I've add some very random stowage and done a bit chipping on the pre-shaded one and a lot on the black based one. Not done any at this scale and so deliberately tried to see how far I could push on the black based one, as this is going to be a very well used tank - as you'll see it went to far but that was almost the point as having three kits to play with gives me room for experimentation.

By contrast the plain grey primer base, will represent one that's newly entered service and so will be much cleaner. As a result the hedgerow cutter*** has been painted to (hopefully) represent a newly attached one.

The tarp in the middle (pre-shaded) one, was made using the PVA and paint mix demo'd by Paul aka Scottie. It works really well IMHO and you're left with a square of coloured plastic which is just attached with superglue. The rest of the stowage is obviously looking a bit fresh but I'll calm that down with some weathering.

I really struggled to get the shots to show the right colour green. Inside shots, not quite green enough.....outside too green.....sorry.
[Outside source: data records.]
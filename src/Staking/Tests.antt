-- ===== src/Staking/Tests.antt =====
-- Runs of the staking program over the sample bank, and the theorems at those inputs.
mod Samples
mod Histories
mod Fees
mod Rewards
Also, as always the dreaded digital camera has picked up more than you can see with the naked eye, especially with the well worn one. :disappointed2: :anguished: :crying:

ACW as usual.

ATB

Andrew

***I accept that the chances of them being fitted is pretty remote as we've discussed previously. That said, I was flick through an Osprey/David Fletcher book on the Firefly at Duxford yesterday and that showed a picture of a Firefly with one fitted.